First, we figure out the area of the smallest circle. $A_1 = \pi r^2 = \pi 1^2 = \pi$.

Now, we find the area of the second smallest circle $(n = 2)$. $A_2 = A_1 + (2(2) - 1) \pi = \pi + 3 \pi = 4 \pi$. This means that the radius of the second smallest circle is 2 (since the area is $\pi r^2$).

The third smallest circle has area $A_3 = A_2 + (2(3) - 1) \pi = 4 \pi + 5 \pi = 9 \pi$. This means that the radius of this circle is 3.

Finally, the fourth smallest circle (that is, the largest circle) has area $A_4 = A_3 + (2(4) - 1) \pi = 9 \pi + 7 \pi = 16 \pi$. This means that the radius of this circle is 4.
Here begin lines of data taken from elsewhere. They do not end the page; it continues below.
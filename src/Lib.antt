-- ===== src/Lib.antt =====
-- static_logger: an asynchronous printf-style logger. A log statement (the macro STATIC_LOG of
-- src/static_log.h) analyses its format at compile time, stores its arguments in binary form in a
-- circular staging buffer of its thread, and a backend thread formats the entries later.
--
-- The parts, in the order in which a log statement goes through them:
--
-- Format/       the compile-time scan of formats of src/static_log_internal.h. Chars: isFlag, isDigit,
--               isLength, isTerminal. Types: ParamType. Scan: getParamInfo. Count: countFmtParams,
--               getNumNibblesNeeded, analyzeFormatString. Params and Grammar describe a format without
--               the scanner, by one reading and by a syntax tree; Fuel, Bound, Counting, Printed and
--               RoundTrip prove the scanner against them. A position in a format is the suffix that
--               starts there; the NUL at its end is what `at` reads behind the last character.
-- Args          getArgSize, getArgSizes, storeArgument, storeArguments and as_uint64_t of
--               src/static_log_internal.h. An argument is a case of Arg, since the C++ functions are
--               overloaded on its type.
-- Staging       class StagingBuffer of src/static_log_backend.h and src/static_log_backend.cc.
--               Invariant, Queue, Consumer, Blocking, Progress and Deletion prove it to be a queue of
--               whole records.
-- Log           the macro STATIC_LOG, LogEntry, downCast and setLogLevel: the client of Args and
--               Staging.
-- Decode        resize_log_buffer, decodeNonStringFmt and decodeStringFmt of
--               src/static_log_backend.cc: the formatting of one parameter into the log buffer.
--               Shown says by the conversions of printf what of a number is printed; Snprintf, NonString,
--               Character, String and StringGrows prove what they leave there.
-- Process       process_fmt of src/static_log_backend.cc, the client of Decode: Split finds the
--               specifiers, Render says what text an entry stands for, Print proves it printed, Stored
--               and RoundTrip go from the arguments of a log statement to its text. Leads goes up to
--               some piece of a format; Grown and Overrun are about a string for which the log buffer is
--               made larger, Assertion about a build with assertions.
-- Prefix        convertInt2Str, generateTimePrefix and generateCallInfoPrefix of
--               src/static_log_backend.cc: the text in front of a formatted entry. Puts, Time and
--               CallInfo prove what they write.
-- Writer        processLogBuffer of src/static_log_backend.cc, the client of Prefix, Process and Staging:
--               Line proves what it writes to the file, Stamp what the new time does to the queue,
--               Entry what is found in the entry of a log statement, Statement what becomes of it, and
--               Outcome what holds however the formatting ends.
-- Clock         get_nanotime of src/static_log_cycles.c; Span proves its range.
-- Backend       the loop over the staging buffers in ioPoll of src/static_log_backend.cc, the client of
--               Staging: Sweep proves it to be one pass, Queues and Choice what it does to the queues.
-- Poll          ioPoll of src/static_log_backend.cc, the client of Backend and Writer: a round, and the loop
--               with its flags. Merge is its specification, queues of statements that are merged by
--               their timestamps; Pending, Remaining and Spot connect them with the staging buffers,
--               Rounds proves one round, Drain the loop and Finish its end.
-- Logger        class StaticLogBackend of src/static_log_backend.h: the constructor, the destructor
--               (Close), setLogFile (Switch) and the log level.
-- Threads       ensureStagingBufferAllocated, reserveAlloc, finishAlloc and StagingBufferDestroyer of
--               src/static_log_backend.h, with the threads and the backend as a step relation. Find,
--               Kept and Keeps say what each operation leaves as it is, Safety is the invariant,
--               Reachable proves it, and Ensure composes the steps of one thread.
-- Program       a whole run of a thread that logs: Calls are log statements by what the backend needs to
--               find of them, Run takes them from STATIC_LOG to the closed log file.
-- Events        threads that log beside the backend, in any order of their steps: Account says what a
--               run has done to the statements of each thread; Middle, Last and Exchange are about one
--               buffer among the others, Joins, Logs and Polls about one event, Runs about all.
-- Prelude       what the others share: tests, lists, memory as a function from offsets, little-endian
--               numbers, integers.
--
-- Pointers into a buffer are offsets, pointers to static objects are numbers. Machine arithmetic is
-- written out where it can wrap: pointer differences as uint64_t, sums of sizes in size_t, the 32
-- bits of a stored string size; the precision of a format overflows like the int that it is, which
-- stops the compiler. The fuel of getParamInfo is the length of the format, since each round reads
-- a character; that of countFmtParams is one more, since a parameter takes a character. The
-- producer's blocking loop has no fuel: it runs beside a schedule that says what the consumer does
-- before each read of consumer_pos_, and it is `waiting` when the schedule ends. Operations of the
-- producer and of the consumer are single steps otherwise.
--
-- The loop over the staging buffers in a round of ioPoll is one step. Its fuel is the number of
-- buffers, since each of its steps goes on by one buffer or takes one away. std::to_string has fuel
-- for the 20 digits of a uint64_t. What localtime returns is a parameter, and so are malloc, the
-- text that snprintf makes of one conversion, and whether NDEBUG is defined; what snprintf writes
-- for a text and a size is written out. The fuel of decodeNonStringFmt is the number of its rounds:
-- two are enough for a text that is not empty, since a buffer that has been made larger for it has
-- twice its length reserved. The fuel of process_fmt is the length of the format.
--
-- ioPoll has no fuel: it runs through the turns that it is given, and it is `polling` when they
-- end. A turn says which flags the backend thread reads, what its clock and the static objects are,
-- and what the other threads have done to the staging buffers at the test of the loop and when the
-- mutex has been taken again. One turn for each waiting statement is enough to write them all, and
-- three more are enough for the thread to come to its end: two in which a buffer is seen to be
-- empty and is deleted, and the last test. Who waits in `join` for the backend thread gives it
-- turns likewise. The contents of a file are what has been written to it since it was opened: open
-- does not truncate, and write is taken to write all bytes. In Threads what stands between two
-- points where the mutex is free is one step, and so is each call of a staging buffer; the address
-- of a new buffer is free at its step. In Events a whole log statement and a whole round of ioPoll
-- are one event each, and a statement finds room at once; a statement that waits for room is that
-- of Staging and Log, beside a schedule of the consumer.
--
-- Not modelled: the wrappers of static_log.cc, which call the backend; sync, which ends a wait and
-- does nothing else; threadBindCore; log statements that a thread makes behind its destroyer; the
-- memory model of the machine, since the positions of the staging buffer are plain variables that
-- two threads use; analyzeFmtParamSize and checkFormat, which compute nothing that is used;
-- arguments of type wchar_t*; main of example/demo.cc, which is one log statement, and of
-- unitest/test_mt.cc, four threads with a loop of one. The static array of sizes that all executions
-- of a statement share is what the surroundings of a round say it is, and its race between threads is
-- not modelled.
pub mod Prelude
pub mod Format
pub mod Staging
pub mod Args
pub mod Log
pub mod Decode
pub mod Prefix
pub mod Clock
pub mod Backend
pub mod Process
pub mod Writer
pub mod Poll
pub mod Logger
pub mod Threads
pub mod Program
pub mod Events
The sum of all the areas is $\pi + 4\pi + 9\pi + 16\pi = 30\pi$.

The sum of all the circumferences is $2\pi$ times the sum of all the radii. The sum of all the radii is $1 + 2 + 3 + 4 = 10$, so the circumferences sum up to $20\pi$.

Thus, the sum of all the areas, divided by the sum of all the circumferences, is $\frac{30\pi}{20\pi} = 1\frac{1}{2}$.


Answer: B